She had been acting very strange since talking to him as been very secretive, always keeping her phone with her and smiling frequently when texting. I could tell something was suspicious but when I brought it up with her yesterday she swore down that they were just friends and nothing was happening. I was stupid enough to look through her messages and found a few disturbing messages. I then questioned her today about it and said that if nothing is going on then she'd let me look at her messages. She got very defensive at this so I took the phone and looked through it and she was trying her hardest to stop me but failed. The message I saw stated that her breasts were lovely and it confirmed my suspicions. 

We had a heated discussion and she admitted that she has feelings for him and wants to sleep with him. I told her if it'd make her feel better then she could sleep with him to get it out of her system but only as a test. Low and behold she went straight to her phone and was actually going to ask him until I put her straight why id said it.

I didnt want to be controlling but told her it was either him or me and she said that she loves and wants to be with me but still wanted to talk with this guy but only as friends. Honestly I couldnt allow that for obvious reasons but im just so confused as to why she's doing this. She claims its because I haven't shown her any affection or love and because he showed he liked her so she decided to initiate it.

I just dont know where to go with this and would be devistated if I lost her.

Any advice would be brilliant

TIA


----------



## Caribbean Man (Jun 3, 2012)

Not advice really,
Just a question.

Why are you enabling her actions?

If you were the one sending pics of your private parts and constantly sending inappropriate text to an old high school flame, how do you think she would have reacted?

I understand you love her , but you need to stand your ground, demand that she break off all contact from this man, inform the man's wife if he's married.
If she refuses, then let her go, and move on with your life.


----------



## anchorwatch (Mar 5, 2012)

She gave you her answer. Pack her bags and send her off to him now. Do this without hesitation of she will never respect you and you will never be able to trust her again. 

It is not time to be kind. You must hold a boundary on this. This is a marriage, not the dating game. 

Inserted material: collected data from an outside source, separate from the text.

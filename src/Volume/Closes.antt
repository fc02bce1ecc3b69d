-- ===== src/Volume/Closes.antt =====
-- The calls of `vol_perc` to libasound on its paths to `cleanup`.
use mathlib.Core.List.{append-nil, append_assoc}
use slstatus.Prelude.{
  ◌≡◌, refl, sym, ap, ◌∙◌, Bool, true, false, not, ◌&&◌, List, [], ◌∷◌, ◌++◌, Option, none,
  Bool-cases, inl, inr, All, if◌then◌else◌,
}
use slstatus.Prelude.Int.{pos, negsuc, eqb_ℤ}
use slstatus.Prelude.Text.{Text}
use slstatus.Util.{World}
use slstatus.Util.Float.{Float}
use slstatus.Volume.{
  Call, mixer_open, attach, selem_register, load, find_selem, get_range, get_volume, free, detach,
  close, Alsa, Mixer, made, failed, read_elem, read_mixer, cleanup, print_volume, vol_perc,
}

-- A call that neither opens nor releases the mixer.
abbrev pub is_use : Call → Bool
is_use mixer_open = false
is_use attach = true
is_use selem_register = true
is_use load = true
is_use find_selem = true
is_use get_range = true
is_use get_volume = true
is_use free = false
is_use detach = false
is_use close = false

abbrev pub IsUse : Call → Type 0
IsUse c = is_use c ≡ true

-- Every call before that for the volume succeeds.
abbrev pub reads_range : Alsa → Bool
reads_range x =
    not (failed x.attached)
    && not (failed x.registered)
    && not (failed x.loaded)
    && x.found
    && not (failed x.ranged)

-- What the calls between the opening and `cleanup` do to the variables.
record Uses (x : Alsa) (m r : Mixer) : Type 0 where
  calls : List Call
  made : r.calls ≡ m.calls ++ calls
  uses : All IsUse calls
  unread : reads_range x ≡ false → r.volume ≡ m.volume

all_true :
    (a r l f g : Bool)
    → a ≡ false
    → r ≡ false
    → l ≡ false
    → not f ≡ false
    → g ≡ false
    → not a && not r && not l && f && not g ≡ true
all_true a r l false g ha hr hl hf hg = cc
all_true a r l true g ha hr hl hf hg = rw (ha, hr, hl, hg) refl

module _ (x : Alsa) where
  Uses-if :
      (m r s : Mixer) (b : Bool)
      → (b ≡ true → Uses x m r)
      → (b ≡ false → Uses x m s)
      → Uses x m (if b then r else s)
  Uses-if m r s true t f = t refl
  Uses-if m r s false t f = f refl

  -- No call, and the same volume.
  Uses-none : (m r : Mixer) → r.calls ≡ m.calls → r.volume ≡ m.volume → Uses x m r
  Uses-none m r c v = record {
    calls = [];
    made = c ∙ sym (append-nil m.calls);
    uses = tt;
    unread = λ h. v;
  }

  -- No call, where the volume may be read.
  Uses-read : (m r : Mixer) → r.calls ≡ m.calls → reads_range x ≡ true → Uses x m r
  Uses-read m r c ok = record {
    calls = [];
    made = c ∙ sym (append-nil m.calls);
    uses = tt;
    unread = λ h. absurd (cc);
  }

  -- A call in front of others.
  Uses-made : (c : Call) (m r : Mixer) → IsUse c → Uses x (made c m) r → Uses x m r
  Uses-made c m r h u = record {
    calls = c ∷ u.calls;
    made = u.made ∙ append_assoc m.calls (c ∷ []) u.calls;
    uses = (h, u.uses);
    unread = u.unread;
  }

  read_elem-Uses :
      (mixname : Text) (m : Mixer)
      → failed x.attached ≡ false
      → failed x.registered ≡ false
      → failed x.loaded ≡ false
      → Uses x m (read_elem mixname x m)
  unfolding read_elem
  read_elem-Uses mixname m ha hr hl =
      Uses-if m _ _ (not x.found) (λ h. Uses-none m _ refl refl)
        (λ hf.
          Uses-if m _ _ (failed x.ranged)
            (λ h. Uses-made get_range m _ refl (Uses-none _ _ refl refl))
            (λ hg. Uses-made get_range m _ refl (
              Uses-made get_volume _ _ refl (
                Uses-if _ _ _ (failed x.got)
                  (λ h. Uses-read _ _ refl (all_true _ _ _ _ _ ha hr hl hf hg))
                  (λ h. Uses-read _ _ refl (all_true _ _ _ _ _ ha hr hl hf hg))))))

  read_mixer-Uses : (mixname : Text) (m : Mixer) → Uses x m (read_mixer mixname x m)
  unfolding read_mixer
  read_mixer-Uses mixname m =
      Uses-if m _ _ (failed x.attached) (λ h. Uses-made attach m _ refl (Uses-none _ _ refl refl))
        (λ ha.
          Uses-if m _ _ (failed x.registered)
            (λ h.
              Uses-made attach m _ refl
                (Uses-made selem_register _ _ refl (Uses-none _ _ refl refl)))
            (λ hr.
              Uses-if m _ _ (failed x.loaded)
                (λ h. Uses-made attach m _ refl (
                  Uses-made selem_register _ _ refl
                    (Uses-made load _ _ refl (Uses-none _ _ refl refl))))
                (λ hl. Uses-made attach m _ refl (
                  Uses-made selem_register _ _ refl (
                    Uses-made load _ _ refl
                      (Uses-made find_selem _ _ refl (read_elem-Uses mixname _ ha hr hl)))))))

module _ (F : Float) where
  calls-print_volume : (m : Mixer) → (print_volume F m).1 ≡ m.calls
  unfolding print_volume
  calls-print_volume m = elim (Bool-cases (eqb_ℤ m.volume (negsuc 0))) [
    | inl h ↦ rw h refl
    | inr h ↦ rw h refl
  ]

  print_volume-unread : (m : Mixer) → m.volume ≡ negsuc 0 → (print_volume F m).0 ≡ none
  unfolding print_volume
  print_volume-unread m h = rw h refl

  abbrev opened : World → Mixer
  opened w = record {
    min = pos 0;
    max = pos 0;
    volume = negsuc 0;
    calls = mixer_open ∷ [];
    world = w;
  }

  vol_perc-opened :
      (x : Alsa) (mixname : Text) (w : World)
      → failed x.opened ≡ false
      → vol_perc F x mixname w ≡ print_volume F (cleanup (read_mixer mixname x (opened w)))
  unfolding vol_perc
  vol_perc-opened x mixname w h = rw (h, vol_perc) refl

  -- The calls with those of `cleanup` behind them.
  abbrev after_use : List Call → List Call
  after_use calls = ((calls ++ free ∷ []) ++ detach ∷ []) ++ close ∷ []

  release_at_end : (before : List Call) → after_use before ≡ before ++ (free ∷ detach ∷ close ∷ [])
  release_at_end before = append_assoc (before ++ free ∷ []) _ _ ∙ append_assoc before _ _

  if_read : (b : Bool) (o : Option Text) → (b ≡ false → o ≡ none) → o ≡ (if b then o else none)
  if_read true o h = refl
  if_read false o h = h refl

  -- Once the mixer is opened, vol_perc ends with the calls that free, detach and close it, on every
  -- path and only there, opens no other mixer, and returns NULL where a call before the one for the
  -- volume fails.
  pub vol_perc-closes :
      (x : Alsa) (mixname : Text) (w : World)
      → failed x.opened ≡ false
      → (before : List Call) × ((vol_perc F x mixname w).1
          ≡ mixer_open ∷ (before ++ (free ∷ detach ∷ close ∷ [])))
        × All IsUse before
        × ((vol_perc F x mixname w).0
            ≡ (if reads_range x then (vol_perc F x mixname w).0 else none))
  unfolding vol_perc cleanup
  vol_perc-closes x mixname w h =
      let u = read_mixer-Uses x mixname (opened w) in
      let e = vol_perc-opened x mixname w h in
      (
        u.calls,
        ap (λ r. r.1) e
            ∙ calls-print_volume (cleanup (read_mixer mixname x (opened w)))
            ∙ ap after_use u.made
            ∙ release_at_end (mixer_open ∷ u.calls),
        u.uses,
        if_read (reads_range x) _ (λ no_range.
            ap (λ r. r.0) e
            ∙ print_volume-unread (cleanup (read_mixer mixname x (opened w))) (u.unread no_range)),
      )
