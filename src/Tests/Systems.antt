-- ===== src/Tests/Systems.antt =====
-- Inputs for the components that ask the system once: Wi-Fi, swap, addresses, volume, indicators.
use slstatus.Prelude.{
  ◌≤◌, ◌≡◌, refl, true, false, List, [], ◌∷◌, ◌++◌, none, some, arith, if◌then◌else◌, length, All,
  concat, map,
}
use slstatus.Prelude.Int.{pos, negsuc}
use slstatus.Prelude.Text.{Text, lit, text_eq}
use slstatus.Util.{World}
use slstatus.Wifi
use slstatus.Wifi.Attributes
use slstatus.Wifi.Attributes.Encode.{Attr, encode, bytes_of, lookup, findattr-encode}
use slstatus.Swap.{Wanted, Values, get_swap_info, lines_of, count_left}
use slstatus.Swap.Lines.{read_all, hits, get_swap_info-read_all}
use slstatus.Indicators.{keyboard_indicators}
use slstatus.Indicators.Items.{Item, caps, num, written, described, keyboard_indicators-described}
use slstatus.Addresses
use slstatus.Addresses.First.{first_entry, named, ip_answer, up_answer, ip-up-first}
use slstatus.Volume
use slstatus.Volume.Sndio
use slstatus.Volume.Sndio.Controls.{AreDistinct, Holds}
use slstatus.Volume.Sndio.Polls.{vol_perc-AreDistinct}
use slstatus.Volume.Closes.{IsUse, reads_range, vol_perc-closes}
use slstatus.Tests.{whole_numbers, quiet_world}

-- The SSID behind an attribute whose payload has one byte, and so three bytes of padding.
abbrev attributes : List Attr
attributes =
    record { type = 3; payload = 7 ∷ [] } ∷ record { type = 52; payload = 104 ∷ 105 ∷ [] } ∷ []

findattr-encode_example :
    (bytes_of
        (Attributes.findattr 52 (length (encode attributes)) (encode attributes ++ lit "old bytes"))
      ≡ some (lookup 52 attributes))
    × (bytes_of (
          Attributes.findattr_from 40 52
            (length (encode attributes))
            (encode attributes ++ lit "old bytes"))
        ≡ some (lookup 52 attributes))
findattr-encode_example =
    findattr-encode 52 40 attributes (lit "old bytes")
      (
        record { type = omega arith; size = omega arith },
        (record { type = omega arith; size = omega arith }, tt),
      )
      (omega arith)

-- The socket is open, and the index of wlan0 is kept.
abbrev asked_before : Wifi.Wifi
asked_before = record {
  nlsock = pos 3;
  seq = 4;
  resp = [];
  id = 28;
  ifsock = pos 5;
  ifr_name = 119 ∷ 48 ∷ [];
  ifr_ifindex = pos 2;
  strength = [];
  sent = [];
}

abbrev no_such_interface : Wifi.IndexAnswers
no_such_interface = record { socket = pos 5; ifindex = none }

abbrev there_now : Wifi.IndexAnswers
there_now = record { socket = pos 5; ifindex = some (pos 7) }

abbrev meminfo : Text
meminfo = lit "MemTotal: 9 kB\nSwapTotal: 8 kB\nSwapFree: 3 kB\n"

abbrev with_meminfo : World
with_meminfo = record quiet_world {
  files = λ path. if text_eq path (lit "/proc/meminfo") then some meminfo else none;
}

abbrev all_wanted : Wanted
all_wanted = record { total = true; free = true; cached = true }

abbrev zeros : Values
zeros = record { total = pos 0; free = pos 0; cached = pos 0 }

meminfo_opens : with_meminfo.files (lit "/proc/meminfo") ≡ some meminfo
unfolding lit
meminfo_opens = refl

hits-meminfo : hits all_wanted (lines_of meminfo) zeros ≤ count_left all_wanted
unfolding lit lines_of count_left slstatus.Swap.read_line slstatus.Keymap.starts_with
hits-meminfo = omega arith

get_swap_info-read_all_example :
    get_swap_info false all_wanted zeros with_meminfo
    ≡ (0, read_all all_wanted (lines_of meminfo) zeros, with_meminfo)
get_swap_info-read_all_example =
    get_swap_info-read_all all_wanted zeros with_meminfo meminfo meminfo_opens hits-meminfo

-- "C?n"
abbrev items : List Item
items =
    record { lock = caps; upper = true; optional = true }
    ∷ record { lock = num; upper = false; optional = false }
    ∷ []

keyboard_indicators-described_example :
    keyboard_indicators (some 2) (concat (map written items)) quiet_world ≡ (
      some (concat (map (described 2) items)),
      record quiet_world { buf = concat (map (described 2) items) },
    )
keyboard_indicators-described_example =
    keyboard_indicators-described 2 items quiet_world (omega arith)

abbrev loopback : Addresses.Ifaddrs
loopback = record {
  ifa_name = lit "lo";
  ifa_addr = some (record { sa_family = 2; info = Addresses.host (lit "127.0.0.1") });
  up = true;
}

abbrev idle_net : Addresses.Net
idle_net = record { allocated = false; world = quiet_world }

ip-up-first_example :
    (Addresses.ip (some (loopback ∷ [])) (lit "lo") 2 idle_net
      ≡ ip_answer
          (first_entry (Addresses.is_wanted (lit "lo") 2) (loopback ∷ []))
          (record idle_net { allocated = false }))
    × (Addresses.up (λ ifa. false) (some (loopback ∷ [])) (lit "lo") idle_net ≡ (
      up_answer (λ ifa. false) (first_entry (named (lit "lo")) (loopback ∷ [])),
      record idle_net { allocated = false },
    ))
ip-up-first_example = ip-up-first (λ ifa. false) (lit "lo") 2 (loopback ∷ []) idle_net

-- The element is found, but has no range.
abbrev no_range : Volume.Alsa
no_range = record {
  opened = pos 0;
  attached = pos 0;
  registered = pos 0;
  loaded = pos 0;
  found = true;
  ranged = negsuc 21;
  min = pos 0;
  max = pos 0;
  got = pos 0;
  volume = pos 0;
}

vol_perc-closes_example :
    (before : List Volume.Call) × ((Volume.vol_perc whole_numbers no_range
        (lit "Master")
        quiet_world).1
      ≡ Volume.mixer_open ∷ (before ++ (Volume.free ∷ Volume.detach ∷ Volume.close ∷ [])))
    × All IsUse before
    × ((Volume.vol_perc whole_numbers no_range (lit "Master") quiet_world).0 ≡ (
        if reads_range no_range
        then (Volume.vol_perc whole_numbers no_range (lit "Master") quiet_world).0
        else none))
vol_perc-closes_example = vol_perc-closes whole_numbers no_range (lit "Master") quiet_world refl

-- Two controls of one device, of which the first is described again.
abbrev left : Sndio.Desc
left = record {
  addr = 4;
  type = Sndio.num;
  func = lit "level";
  group = [];
  node = lit "output";
  maxval = 255;
}

abbrev muted : Sndio.Desc
muted = record left { addr = 5; type = Sndio.sw; func = lit "mute"; maxval = 1 }

abbrev device : Sndio.Answers
device = record {
  opens = true;
  ondesc = true;
  onval = true;
  calloc = true;
  known = Sndio.described true (some left) 200 ∷ Sndio.described true (some muted) 0 ∷ [];
}

abbrev poll : Sndio.Poll
poll = record {
  pollfd = pos 1;
  poll = pos 1;
  hup = false;
  events = Sndio.changed 5 1 ∷ Sndio.described true (some left) 100 ∷ [];
}

abbrev not_yet : Sndio.Sndio
not_yet = record { controls = []; pfds = false; hdl = false; initialized = false }

vol_perc-AreDistinct_example :
    Holds (λ t. AreDistinct t.1.controls) (Sndio.vol_perc device poll not_yet quiet_world)
vol_perc-AreDistinct_example = vol_perc-AreDistinct device poll not_yet quiet_world tt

She never has contact with him again or she's out. 

BTW, does he have a wife to contact about this?


----------



## The Middleman (Apr 30, 2012)

There are just no words to describe what I think of your "wife".

It has to be either you or him and it can't be you unless she goes for counseling. She sounds like she is pretty F-ed up to me. 

In the mean time I would cancel the internet service, have her cellphone disconnected, separate your finances, and see a lawyer to start divorce proceedings (to wake her up). Find this OM and if he's married, expose him. Expose what your wife is doing to all family members over 18 and friends. Show them the wonderful pictures they have been exchanging!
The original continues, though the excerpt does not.